Recentemente è venuto alla luce il testo completo de Il convitato di pietra (1690), opera tragica di Andrea Perrucci (1651-1704), di cui si conosceva soltanto il canovaccio. Perrucci è un poeta e autore teatrale napoletano finora noto per la Cantata dei pastori (1698) e per il trattato di tecnica teatrale intitolato Dell’arte rappresentativa premeditata e all’improvviso (1699). Egli ambienta a Napoli questo suo copione, per cui lo Zanni Coviello è il servitore di Don Giovanni e Pulcinella è il domestico di Don Ottavio. Mentre i personaggi nobili si esprimono in italiano, il Dottore parla in bolognese sua figlia Pimpinella, Rosetta, Coviello e Pulcinella parlano in napoletano. Sempre in ambiente napoletano Francesco Cerlone pubblica nel 1789 Il Nuovo Convitato di Pietra, che presenta alcune varianti rispetto al testo di Perrucci; nel 1799 compare a firma di Michele Abri Il nuovo Convitato di pietra, ovvero Don Giovanni Tenorio con Pulcinella, servo di un padrone impertinente e spaventato da una statua che parla e cammina, che appare anch’esso molto simile al testo di Perrucci. Infine, in tempi più recenti, viene pubblicato nel 1909 la farsa in un atto di autore ignoto intitolata Pulcinella duellista notturno, in cui si ritrova una scialba figura di Don Giovanni, ridotto a comprimario e costretto a scambiarsi abiti e ruolo con il suo servo, un Don Giovanni travestito da Pulcinella che si presenta al pubblico al fianco del suo servo diventato padrone.

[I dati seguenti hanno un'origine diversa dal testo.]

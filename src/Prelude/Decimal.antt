-- ===== src/Prelude/Decimal.antt =====
-- `u32`'s `Display` and `FromStr`.
use Prim.Native.Nat.{ℕ, zero, suc, ◌+◌, ◌-◌, ◌*◌, ◌/◌, ◌%◌, ◌^◌, ◌≤◌, ◌<◌}
use mathlib.Core.Path.{◌≡◌, refl, ◌∙◌}
use mathlib.Core.Logic.{◌≢◌, dite}
use mathlib.Core.Bool.{Bool, true, false, ◌&&◌}
use mathlib.Core.List.{[], ◌∷◌, ◌++◌}
use mathlib.Core.Option.{Option, none, some}
use mathlib.Core.WellFounded as WF
use mathlib.Core.WellFounded.{Acc, Acc-prop, WellFounded}
use native.Mathlib.Decide.{dec_lt}
use native.Mathlib.Omega.{arith}
use hypr_taskspace.Prelude.Tests.{leb, if◌then◌else◌, nat_eq}
use hypr_taskspace.Prelude.Lists.{All, Member, here, there}
use hypr_taskspace.Prelude.Text.{Text, codes}

abbrev pub u32_max : ℕ
u32_max = 2 ^ 32 - 1

Acc-below : (k n : ℕ) → n < k → Acc ◌<◌ n
Acc-below zero n h = elim h [ ]
Acc-below (suc k) n h = Acc.intro n (λ m hm. Acc-below k m (omega arith))

unfoldable pub lt_wf : WellFounded ◌<◌
unfolding Acc-below
lt_wf = record { apply = λ n. Acc-below (suc n) n (omega arith) }

digit : ℕ → ℕ
digit d = b'0' + d

to_string_acc : (n : ℕ) → Acc ◌<◌ n → Text
to_string_acc n (Acc.intro _ smaller) =
    dite (dec_lt 9 n)
      (λ h. to_string_acc (n / 10) (smaller (n / 10) (omega arith)) ++ digit (n % 10) ∷ [])
      (λ _. digit n ∷ [])

-- `n.to_string()`
unfoldable pub to_string : ℕ → Text
unfolding to_string_acc lt_wf dec_lt digit
to_string n = to_string_acc n (lt_wf.apply n)

abbrev pub is_digit : ℕ → Bool
is_digit c = leb b'0' c && leb c b'9'

-- The digits behind the number `acc` that is read so far; `none` on another character and on overflow.
parse_digits : ℕ → Text → Option ℕ
parse_digits acc [] = some acc
parse_digits acc (c ∷ s) =
    let next = acc * 10 + (c - b'0') in
    let rest = parse_digits next s in if is_digit c && leb next u32_max then rest else none

-- `parse::<u32>()`: one leading `+` is accepted before a digit.
unfoldable pub parse_u32 : Text → Option ℕ
unfolding parse_digits
parse_u32 [] = none
parse_u32 (c ∷ []) = if nat_eq c b'+' then none else parse_digits 0 (c ∷ [])
parse_u32 (c ∷ d ∷ s) = if nat_eq c b'+' then parse_digits 0 (d ∷ s) else parse_digits 0 (c ∷ d ∷ s)

to_string_tests :
    (to_string 0 ≡ codes "0") × (to_string 10 ≡ codes "10") × (to_string 4096 ≡ codes "4096")
unfolding to_string
to_string_tests = (refl, refl, refl)

parse_u32_tests :
    (parse_u32 (codes "007") ≡ some 7)
    × (parse_u32 (codes "+3") ≡ some 3)
    × (parse_u32 (codes "-3") ≡ none)
    × (parse_u32 (codes "+") ≡ none)
    × (parse_u32 (codes "4294967295") ≡ some u32_max)
    × (parse_u32 (codes "4294967296") ≡ none)
unfolding parse_u32
parse_u32_tests = (refl, refl, refl, refl, refl, refl)

-- Any two proofs of `Acc` are equal, so printing makes one step at a time.
to_string_acc-step :
    (n : ℕ) (w : Acc ◌<◌ n) (w' : Acc ◌<◌ (n / 10))
    → to_string_acc n w
      ≡ dite
          (dec_lt 9 n)
          (λ _. to_string_acc (n / 10) w' ++ digit (n % 10) ∷ [])
          (λ _. digit n ∷ [])
unfolding to_string_acc
to_string_acc-step n (Acc.intro _ smaller) w' = λ i.
    dite (dec_lt 9 n)
      (λ h.
        to_string_acc (n / 10) (Acc-prop (smaller (n / 10) (omega arith)) w' i)
        ++ digit (n % 10) ∷ [])
      (λ _. digit n ∷ [])

to_string-step : (n : ℕ) → 9 < n → to_string n ≡ to_string (n / 10) ++ digit (n % 10) ∷ []
unfolding to_string
to_string-step n h = ground (arith, to_string_acc-step n (lt_wf.apply n) (lt_wf.apply (n / 10)))

to_string-small : (n : ℕ) → n ≤ 9 → to_string n ≡ digit n ∷ []
unfolding to_string
to_string-small n h = ground (arith, to_string_acc-step n (lt_wf.apply n) (lt_wf.apply (n / 10)))

-- Induction along the digits of a number.
digits_ind {ℓ} :
    (P : ℕ → Text → Type ℓ)
    → ((n : ℕ) → n ≤ 9 → P n (digit n ∷ []))
    → ((n : ℕ)
        → 9 < n
        → P (n / 10) (to_string (n / 10))
        → P n (to_string (n / 10) ++ digit (n % 10) ∷ []))
    → (n : ℕ) → P n (to_string n)
digits_ind P one more n = WF.induction lt_wf {C = λ m. P m (to_string m)} n λ m ih.
    elim (dec_lt 9 m) [
      | yes h ↦ rw (to_string-step m h) (more m h (ih (m / 10) (omega arith)))
      | no h ↦ rw (to_string-small m (omega arith)) (one m (omega arith))
    ]

All-append_one {ℓ} : (P : ℕ → Type ℓ) (s : Text) (c : ℕ) → All P s → P c → All P (s ++ c ∷ [])
All-append_one P [] c h p = (p, tt)
All-append_one P (x ∷ s) c (q, h) p = (q, All-append_one P s c h p)

append_one-ne-nil : (s : Text) (c : ℕ) → s ++ c ∷ [] ≢ []
append_one-ne-nil [] c = cc
append_one-ne-nil (x ∷ s) c = cc

infixl 5 ◌>>=◌
abbrev ◌>>=◌ : Option ℕ → (ℕ → Option ℕ) → Option ℕ
none >>= f = none
some a >>= f = f a

parse_digits-append :
    (acc : ℕ) (s t : Text)
    → parse_digits acc (s ++ t) ≡ (parse_digits acc s >>= λ n. parse_digits n t)
unfolding parse_digits
parse_digits-append acc [] t = refl
parse_digits-append acc (c ∷ s) t = ground (arith, parse_digits-append (acc * 10 + (c - b'0')) s t)

parse_digits-last :
    (n : ℕ) → 9 < n → n ≤ u32_max → parse_digits (n / 10) (digit (n % 10) ∷ []) ≡ some n
unfolding parse_digits digit
parse_digits-last n h fits = ground arith

parse_digits-to_string : (n : ℕ) → n ≤ u32_max → parse_digits 0 (to_string n) ≡ some n
unfolding parse_digits digit
parse_digits-to_string =
    digits_ind (λ n s. n ≤ u32_max → parse_digits 0 s ≡ some n) (λ n h fits. ground arith)
      λ n h ih fits.
        rw (parse_digits-append 0 (to_string (n / 10)) _, ih (omega arith))
          (parse_digits-last n h fits)

-- A printed number is one or more digits.
pub to_string-digits : (n : ℕ) → All (λ c. is_digit c ≡ true) (to_string n)
unfolding digit
to_string-digits =
    digits_ind (λ n s. All (λ c. is_digit c ≡ true) s) (λ n h. (ground arith, tt))
      λ n h ih. All-append_one _ (to_string (n / 10)) _ ih (ground arith)

pub to_string-ne-nil : (n : ℕ) → to_string n ≢ []
to_string-ne-nil = digits_ind (λ n s. s ≢ []) (λ n h. cc) (λ n h ih. append_one-ne-nil _ _)

parse_u32-digits :
    (s : Text) → s ≢ [] → All (λ c. is_digit c ≡ true) s → parse_u32 s ≡ parse_digits 0 s
unfolding parse_u32
parse_u32-digits [] ne ds = absurd (ne refl)
parse_u32-digits (c ∷ []) ne ds = ground arith
parse_u32-digits (c ∷ d ∷ s) ne ds = ground arith

-- Every `u32` is read back from its print.
pub parse_u32-to_string : (n : ℕ) → n ≤ u32_max → parse_u32 (to_string n) ≡ some n
parse_u32-to_string n h =
    parse_u32-digits (to_string n) (to_string-ne-nil n) (to_string-digits n)
    ∙ parse_digits-to_string n h

-- A text with a character that is no digit behind its first one is no number.
parse_digits-not_digit :
    (acc : ℕ) (s : Text) (c : ℕ) → Member c s → is_digit c ≡ false → parse_digits acc s ≡ none
unfolding parse_digits
parse_digits-not_digit acc [] c m h = elim m [ ]
parse_digits-not_digit acc (x ∷ s) c (here p) h = rw (← p) (ground arith)
parse_digits-not_digit acc (x ∷ s) c (there m) h =
    ground (arith, parse_digits-not_digit (acc * 10 + (x - b'0')) s c m h)

pub parse_u32-not_digit :
    (s : Text) (c : ℕ) → Member c s → is_digit c ≡ false → c ≢ b'+' → parse_u32 s ≡ none
unfolding parse_u32
parse_u32-not_digit [] c m h ne = refl
parse_u32-not_digit (x ∷ []) c m h ne = ground (arith, parse_digits-not_digit 0 (x ∷ []) c m h)
parse_u32-not_digit (x ∷ d ∷ s) c (here p) h ne =
    ground (arith, parse_digits-not_digit 0 (x ∷ d ∷ s) c (here p) h)
parse_u32-not_digit (x ∷ d ∷ s) c (there m) h ne = ground (
  arith,
  parse_digits-not_digit 0 (x ∷ d ∷ s) c (there m) h,
  parse_digits-not_digit 0 (d ∷ s) c m h,
)

-- Two numbers with one print are equal.
pub to_string-injective : (m n : ℕ) → m ≤ u32_max → n ≤ u32_max → to_string m ≡ to_string n → m ≡ n
to_string-injective m n hm hn p =
    let a = parse_u32-to_string m hm in let b = parse_u32-to_string n hn in cc (a, b, p)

Uno dei più fedeli spettatori dei comici della Commedia dell’Arte, che si esibivano a Parigi, è stato sicuramente il grande commediografo Molière (1622-1673), che a sua volta scrive e mette in scena nel 1665 la commedia Dom Juan ou le Festin de pierre, che è unanimemente giudicata il suo capolavoro assoluto. Quest’opera è dominata dalla figura dell’ateista Don Giovanni, filosofo e libertino, corrotto e corruttore che discute della società, della morale e dei suoi rapporti con Dio con il suo antagonista, il servitore Sganarello. In Molière la figura di Don Giovanni acquista un particolare spessore, assumendo caratteri nuovi e spesso diabolici: l’empietà di trasforma in una consapevole dottrina, perché Don Giovanni (al pari di Tartufo) esalta l’ipocrisia e la falsa devozione usate come mezzi per raggiungere i propri scopi, in questo modo egli diventa un eroe del calcolo e dell’inganno, che conduce una lotta spietata contro la morale, la virtù, l’onore e la religione della società in cui vive, avendo come contraltare il suo vile servitore, a cui è affidata la difesa della fede in Dio e della morale tradizionale. Esemplare è l’incontro tra Don Giovanni e il Povero, durante il quale egli offre all’eremita un luigi d’oro purché commetta un peccato qualsiasi; di fronte al rifiuto dell’uomo, Don Giovanni gli dona ugualmente quella moneta “pour l’amour de l’Humanité”, anticipando per certi versi l’uomo “nuovo” che si affermerà con il Secolo dei Lumi. È vero che, nel corso della commedia, ricade sul protagonista tutta una serie di condanne, di rimproveri e di invettive, ma egli risponde sempre con l’inganno (la finta conversione) e con il sarcasmo (il monologo finale sull’ipocrisia), assumendo la statura di un libero pensatore. Questa caratteristica del personaggio non solo eserciterà una forte influenza sul Don Giovanni di Mozart, ma aprirà la strada alla letteratura “libertina” del Settecento francese a cominciare dalle opere di Sade per finire al capolavoro di Choderlot de Laclos Les liaisons dangereuses, dove il seduttore indossa le vesti maschili del Visconte di Valmont, ma anche gli abiti femminili di una insaziabile seduttrice come della Marchesa de Marteuil.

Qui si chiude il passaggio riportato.